Syntax for sortable/unsortable attribute. I very much agree with all the points, then we should think about the syntax to extensively express it.

S0. Integrate into types

.add_attr_option<Set<String>>("mattr")   # sortable
.add_attr_option<Array<String>>("keys"); # unsortable

S1. Integrate into names

.add_attr_option<Array<String>>("mattr")            # sortable
.add_attr_option<Array<String>>("keys:unsortable"); # unsortable

S2. Add new API

.add_attr_option<Array<String>>("mattr")            # sortable
.add_unsortable_attr_option<Array<String>>("keys"); # unsortable

P2. Target matching. P2 presents several aspects of the matching, which we may summarize as follows:

Order of matching: first match -model, then match -keys
Forbidden keywords: we may get a record of incorrect -mcpu=skylake-avx512 when our real target is -mcpu=core-avx2, which can cause our program to crash because of illegal instruction
Conditionally useful attributes: for example, when we have -libs=cudnn, TopHub doesn’t, then we failed to dispatch to cudnn.
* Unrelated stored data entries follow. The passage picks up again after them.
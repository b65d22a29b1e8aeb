-- ===== src/Storage/Validation.antt =====
-- src/storage/validation.rs: whether a resource satisfies its declared schema.
pub mod Scalars
pub mod Constraints
pub mod Columns
pub mod Uniqueness
pub mod Conforms
use dirbase.Prelude.{
  ℕ, suc, String, Bool, true, false, Option, none, some, List, [], ◌∷◌, if◌then◌else◌,
}
use dirbase.BTreeMap
use dirbase.Json.{as_array, as_object}
use dirbase.Error.{AppError, app_error, bad_request, Result, ok, err, ok_or, ◌>>=◌, ◌>>◌}
use dirbase.Runtime.{Runtime, Value}
use dirbase.Text.{format}
use dirbase.Text.Decimal.{show_nat}
use dirbase.Schema.Types.{TableKind, DeclaredTableSchema, is_valid_identifier}
use dirbase.Storage.Validation.Columns.{Messages, validate_declared_columns}
use dirbase.Storage.Validation.Uniqueness.{
  validate_unique_constraints, validate_primary_key_uniqueness,
}

-- An identifier of a query that is no name of the program is refused, with its kind in the error.
unfoldable validate_sql_identifier : String → String → Result (Unit {0}) AppError
validate_sql_identifier identifier kind =
    if is_valid_identifier identifier
    then ok tt
    else err (
        app_error bad_request
          (format ("Invalid " ∷ kind ∷ " identifier '" ∷ identifier ∷ "'" ∷ [])))

-- The texts of the errors of a row, and of a resource that is one object.
abbrev pub row_messages : ℕ → String → Messages
row_messages index resource = record {
  missing_message = λ column_name. format (
      "Row "
      ∷ show_nat index
      ∷ " in resource '"
      ∷ resource
      ∷ "' is missing non-null column '"
      ∷ column_name
      ∷ "'"
      ∷ []);
  null_message = λ column_name. format (
      "Row "
      ∷ show_nat index
      ∷ " in resource '"
      ∷ resource
      ∷ "' has null for non-null column '"
      ∷ column_name
      ∷ "'"
      ∷ []);
  type_message = λ column_name. format (
      "Row "
      ∷ show_nat index
      ∷ " in resource '"
      ∷ resource
      ∷ "' has invalid type for '"
      ∷ column_name
      ∷ "'"
      ∷ []);
  enum_message = λ column_name. format (
      "Row "
      ∷ show_nat index
      ∷ " in resource '"
      ∷ resource
      ∷ "' has value outside enum for '"
      ∷ column_name
      ∷ "'"
      ∷ []);
  constraint_message = λ column_name constraint. format (
      "Row "
      ∷ show_nat index
      ∷ " in resource '"
      ∷ resource
      ∷ "' violates "
      ∷ constraint
      ∷ " for '"
      ∷ column_name
      ∷ "'"
      ∷ []);
}

abbrev pub object_messages : String → Messages
object_messages resource = record {
  missing_message = λ column_name.
      format ("Resource '" ∷ resource ∷ "' is missing non-null column '" ∷ column_name ∷ "'" ∷ []);
  null_message = λ column_name.
      format
        ("Resource '" ∷ resource ∷ "' has null for non-null column '" ∷ column_name ∷ "'" ∷ []);
  type_message = λ column_name.
      format ("Resource '" ∷ resource ∷ "' has invalid type for '" ∷ column_name ∷ "'" ∷ []);
  enum_message = λ column_name.
      format ("Resource '" ∷ resource ∷ "' has value outside enum for '" ∷ column_name ∷ "'" ∷ []);
  constraint_message = λ column_name constraint.
      format
        ("Resource '" ∷ resource ∷ "' violates " ∷ constraint ∷ " for '" ∷ column_name ∷ "'" ∷ []);
}

abbrev pub row_error : ℕ → String → AppError
row_error index resource =
    app_error bad_request
      (format ("Row " ∷ show_nat index ∷ " in resource '" ∷ resource ∷ "' is not an object" ∷ []))

abbrev pub not_a : String → String → AppError
not_a kind resource =
    app_error bad_request (format ("Resource '" ∷ resource ∷ "' is not a JSON " ∷ kind ∷ []))

module _ ⦃rt : Runtime⦄ where
  -- src/storage/validation/types.rs
  is_object_kind : Option TableKind → Bool
  is_object_kind (some TableKind.object_table) = true
  is_object_kind _ = false

  unfoldable pub declared_schema_expects_object : DeclaredTableSchema → Bool
  unfolding is_object_kind
  declared_schema_expects_object table = is_object_kind table.kind

  -- The loop over the rows.
  unfoldable pub validate_rows :
      String → DeclaredTableSchema → ℕ → List Value → Result (Unit {0}) AppError
  validate_rows resource table index [] = ok tt
  validate_rows resource table index (item ∷ items) = do
    object ← ok_or (as_object item) (row_error index resource)
    validate_declared_columns (row_messages index resource) (BTreeMap.get object) table
    validate_rows resource table (suc index) items

  unfoldable pub validate_array_resource_data :
      String → List Value → DeclaredTableSchema → Result (Unit {0}) AppError
  validate_array_resource_data resource array table = do
    validate_rows resource table 0 array
    validate_unique_constraints resource array table
    validate_primary_key_uniqueness resource array table

  unfoldable pub validate_object_resource_data :
      String → BTreeMap.BTreeMap Value → DeclaredTableSchema → Result (Unit {0}) AppError
  validate_object_resource_data resource object table =
      validate_declared_columns (object_messages resource) (BTreeMap.get object) table

  validate_scalar : String → DeclaredTableSchema → Result (Unit {0}) AppError
  unfolding declared_schema_expects_object
  validate_scalar resource table =
      if declared_schema_expects_object table
      then err (not_a "object" resource)
      else err (not_a "array" resource)

  validate_value :
      String
      → DeclaredTableSchema
      → Option (List Value)
      → Option (BTreeMap.BTreeMap Value)
      → Result (Unit {0}) AppError
  validate_value resource table (some array) _ = validate_array_resource_data resource array table
  validate_value resource table none (some object) =
      validate_object_resource_data resource object table
  validate_value resource table none none = validate_scalar resource table

  unfoldable pub validate_resource_data_with_table :
      String → Value → DeclaredTableSchema → Result (Unit {0}) AppError
  unfolding validate_value validate_scalar validate_array_resource_data
      validate_object_resource_data validate_rows
  validate_resource_data_with_table resource value table =
      validate_value resource table (as_array value) (as_object value)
The source of complexity comes from

the target to be matched
previously stored autotvm logs have incomplete knowledge

Given the those complexities, I think it is great if we can

allow user-defined matcher, instead of seeking an all-in-one string-based solution
store logs in a way that full information is contained

comaniac · July 8, 2020, 9:21pm

Thanks for the summary and proposals. They look good to me.

While I personally like both S0 and S2 for specifying if an attribute can be sorted, I would prefer to use the word “ordered” which aligns to C++ convention. For example in S2:

.add_attr_option<Array<String>>("mattr")         # sortable
.add_ordered_attr_option<Array<String>>("keys"); # unsortable

For P2, I also agree with your opinion that the semantic of matching two targets vary by use cases. Providing a default strict matcher that matches everything while allowing users to define their own matcher sounds like a good idea to me.

In addition, I am not sure if storing logs with full target information could solve the issue. The root cause is that even we have stored cuda -libs=cudnn -keys=gpu -model=v100 (in case we tuned conv2d_nchw.cuda with this target), -libs=cudnn is unnecessary for this record. However, I think this is more like a topic about how to improve AutoTVM/Ansor log format.